> [TASK ITEM]:
Output the whole listing again, exactly as it reads.

+++

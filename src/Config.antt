-- ===== src/Config.antt =====
-- crates/avash/src/lib.rs: reading, validating, resolving and editing `~/.ssh/config`.
pub mod Host
pub mod Glob
pub mod Blocks
pub mod Resolve
pub mod Hops
pub mod Validate
pub mod Render
pub mod Edit
mod Tests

+++

> [OUTPUT OF THE EXERCISE]:
filename src/Config.antt
-- ===== src/Config.antt =====
-- crates/avash/src/lib.rs: reading, validating, resolving and editing `~/.ssh/config`.
pub mod Host
pub mod Glob
pub mod Blocks
pub mod Resolve
pub mod Hops
pub mod Validate
pub mod Render
pub mod Edit
mod Tests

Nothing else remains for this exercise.